Максим Арцебашев был тем самым мальчишкой, который расквасил мне нос в день, когда я первый раз в жизни переступил порог школы. Через три года после нашего переезда на Семь ветров нам дали квартиру в новом доме, отстроенном неподалеку от «хрустального замка», а наш «хрустальный замок» снесли. Максим Арцебашев жил в доме напротив нашего. Но мы так никогда и не стали с ним не только друзьями, но даже и приятелями. Впоследствии наши отношения только ухудшались. В день моего 16-летия у меня гостили друзья. Большая часть из них была старше меня на 3—4 года. Когда вся компания вышла на улицу покурить, у моих товарищей возник конфликт с местными ребятами. Откуда ни возьмись, появился пьяный Максим Арцебашев и кинулся бить понаехавших. Его остановил один из моих гостей – Дима Калинин. Он был из Тюмени и в Корсаков приехал в гости к дяде. Он схватил бутылку водки и с размаху огрел ею Максима. Удар оказался не смертельным, но после него у Максима на всю жизнь остался шрам на лице в виде огромного цветка на всю щеку. У меня и до этого хватало врагов во дворе, а после этого случая их стало еще больше. Однажды Максим с друзьями подкараулили меня и затащили в подъезд. Избить, правда, не успели. Они были пьяны, и я сумел вырваться и убежать. Через некоторое время Арцебашев ушел в армию и больше не вернулся. Он попал на подводную лодку и после окончания срока остался служить по контракту у берегов Камчатки, дослужившись до мичмана.

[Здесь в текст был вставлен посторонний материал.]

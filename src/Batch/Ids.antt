-- ===== src/Batch/Ids.antt =====
-- A run keeps the ids of the table, row by row.
use dost_review_api.Prelude.{
  ◌+◌, ◌≡◌, refl, ap, ◌∙◌, Bool, false, not, ◌||◌, none, List, [], ◌∷◌, arith, leb, ltb, Bool-cases,
  inl, inr,
}
use dost_review_api.Models.{Uuid}
use dost_review_api.Review.{Row, find, update_where}
use dost_review_api.Review.Laws.{HasUniqueIds}
use dost_review_api.Batch.Database.{Db, elem, Output}
use dost_review_api.Batch.Claim.{
  Group, claim, claimed, claimed_ids, mark_processing, group_by_profile,
}
use dost_review_api.Batch.Engine.{
  Settings, Env, Work, has_id, dead_letter, requeue_row, fail_row, ids_of, mark_committed,
  commit_profile, claimed_work, run_batch,
}
use dost_review_api.Batch.Keeps.{run_profiles-keeps}
use dost_review_api.Batch.Chosen.{not-elem-find}

pub ids-update :
    (p : Row → Bool) (f : Row → Row) (rows : List Row)
    → ((r : Row) → (f r).id ≡ r.id)
    → ids_of (update_where p f rows) ≡ ids_of rows
unfolding update_where
ids-update p f [] h = refl
ids-update p f (r ∷ rows) h = ground (arith, h r, ids-update p f rows h)

-- A run keeps the ids, row by row.
module _ (settings : Settings) (env : Env) (ids : List Uuid) where
  pub fail_row-ids :
      (will_retry : Bool) (row : Row) (w : Work)
      → ids_of w.db.reviews ≡ ids
      → ids_of (fail_row settings env.now will_retry row w).db.reviews ≡ ids
  unfolding fail_row
  fail_row-ids will_retry row w h =
      let n = row.retry_count + 1 in
      elim (Bool-cases (not will_retry || leb settings.max_review_retries n)) [
        | inl e ↦ rw e (
            ids-update (has_id row.id) (dead_letter n env.now) w.db.reviews
              (λ r. unfold dead_letter in refl)
            ∙ h)
        | inr e ↦ rw e (
            ids-update (has_id row.id) (requeue_row n) w.db.reviews
              (λ r. unfold requeue_row in refl)
            ∙ h)
      ]

  pub commit-ids :
      (group : Group) (o : Output) (w : Work)
      → ids_of w.db.reviews ≡ ids
      → ids_of (commit_profile env group o w).1.db.reviews ≡ ids
  unfolding commit_profile
  commit-ids group o w h =
      elim (Bool-cases (env.commit_fails group.0 || ltb 50 o.reputation_score)) [
        | inl e ↦ rw e h
        | inr e ↦ rw e (
            ids-update (λ r. elem r.id (ids_of group.1)) (mark_committed env.now) w.db.reviews
              (λ r. unfold mark_committed in refl)
            ∙ h)
      ]

pub claim-ids :
    (settings : Settings) (env : Env) (batch_id : Uuid) (db : Db)
    → ids_of (claimed_work settings env batch_id db).db.reviews ≡ ids_of db.reviews
unfolding claimed_work claim mark_processing
claim-ids settings env batch_id db =
    ids-update (λ r. elem r.id (claimed_ids env.locked settings.max_reviews_per_batch db.reviews))
      (mark_processing batch_id) db.reviews (λ r. refl)

pub run_batch-ids :
    (settings : Settings) (env : Env) (batch_id : Uuid) (db : Db)
    → ids_of (run_batch settings env batch_id db).1.db.reviews ≡ ids_of db.reviews
unfolding run_batch
run_batch-ids settings env batch_id db =
    elim (Bool-cases (not env.engine_loads || env.claim_fails)) [
      | inl stops ↦ rw stops refl
      | inr goes_on ↦ rw goes_on (
          run_profiles-keeps settings env (λ w. ids_of w.db.reviews ≡ ids_of db.reviews)
            (fail_row-ids settings env (ids_of db.reviews))
            (commit-ids settings env (ids_of db.reviews))
            (group_by_profile
              (claimed env.locked settings.max_reviews_per_batch batch_id db.reviews))
            (claimed_work settings env batch_id db) (claim-ids settings env batch_id db))
    ]

pub absent-ids : (k : Uuid) (rows : List Row) → elem k (ids_of rows) ≡ false → find k rows ≡ none
unfolding elem find
absent-ids k [] h = refl
absent-ids k (r ∷ rows) h = ground (arith, absent-ids k rows)

pub unique-ids :
    (rows after : List Row) → ids_of after ≡ ids_of rows → HasUniqueIds rows → HasUniqueIds after
unique-ids [] [] e u = tt
unique-ids [] (s ∷ after) e u = cc
unique-ids (r ∷ rows) [] e u = cc
unique-ids (r ∷ rows) (s ∷ after) e u =
    let head : s.id ≡ r.id = cc in
    let tail : ids_of after ≡ ids_of rows = cc in
    let gone : elem s.id (ids_of after) ≡ false =
      ap (λ (j : Uuid). elem j (ids_of after)) head
      ∙ ap (elem r.id) tail
      ∙ not-elem-find r.id rows u.0 in
    (absent-ids s.id after gone, unique-ids rows after tail u.1)

-- A run leaves the runs to the runner.
pub run_batch-runs :
    (settings : Settings) (env : Env) (batch_id : Uuid) (db : Db)
    → (run_batch settings env batch_id db).1.db.runs ≡ db.runs
unfolding run_batch
run_batch-runs settings env batch_id db =
    elim (Bool-cases (not env.engine_loads || env.claim_fails)) [
      | inl stops ↦ rw stops refl
      | inr goes_on ↦ rw goes_on (
          run_profiles-keeps settings env (λ w. w.db.runs ≡ db.runs)
            (λ will_retry row w h. unfold fail_row in ground (arith, h))
            (λ group o w h. unfold commit_profile in ground (arith, h))
            (group_by_profile
              (claimed env.locked settings.max_reviews_per_batch batch_id db.reviews))
            (claimed_work settings env batch_id db) (unfold claimed_work in refl))
    ]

Из всей дворовой компании хорошие отношения у меня были только с Колей Завгородним. Он тоже учился в «А» -классе вместе с Максимом и был очень хорошим парнем – беззлобным, приветливым и простым в общении. В тот вечер, когда его провожали в армию, он вместе с друзьями вышел покурить на крыльцо подъезда. Когда все пошли назад в квартиру, он почему-то задержался. В этот момент к подъезду подъехала машина с кавказцами. Между ними и Колей произошла какая-то перебранка. Никто так и не узнал, из-за чего конкретно они повздорили. Ему выстрелили из обреза в лицо и уехали. Коли не стало, а кавказцев так никто и не нашел.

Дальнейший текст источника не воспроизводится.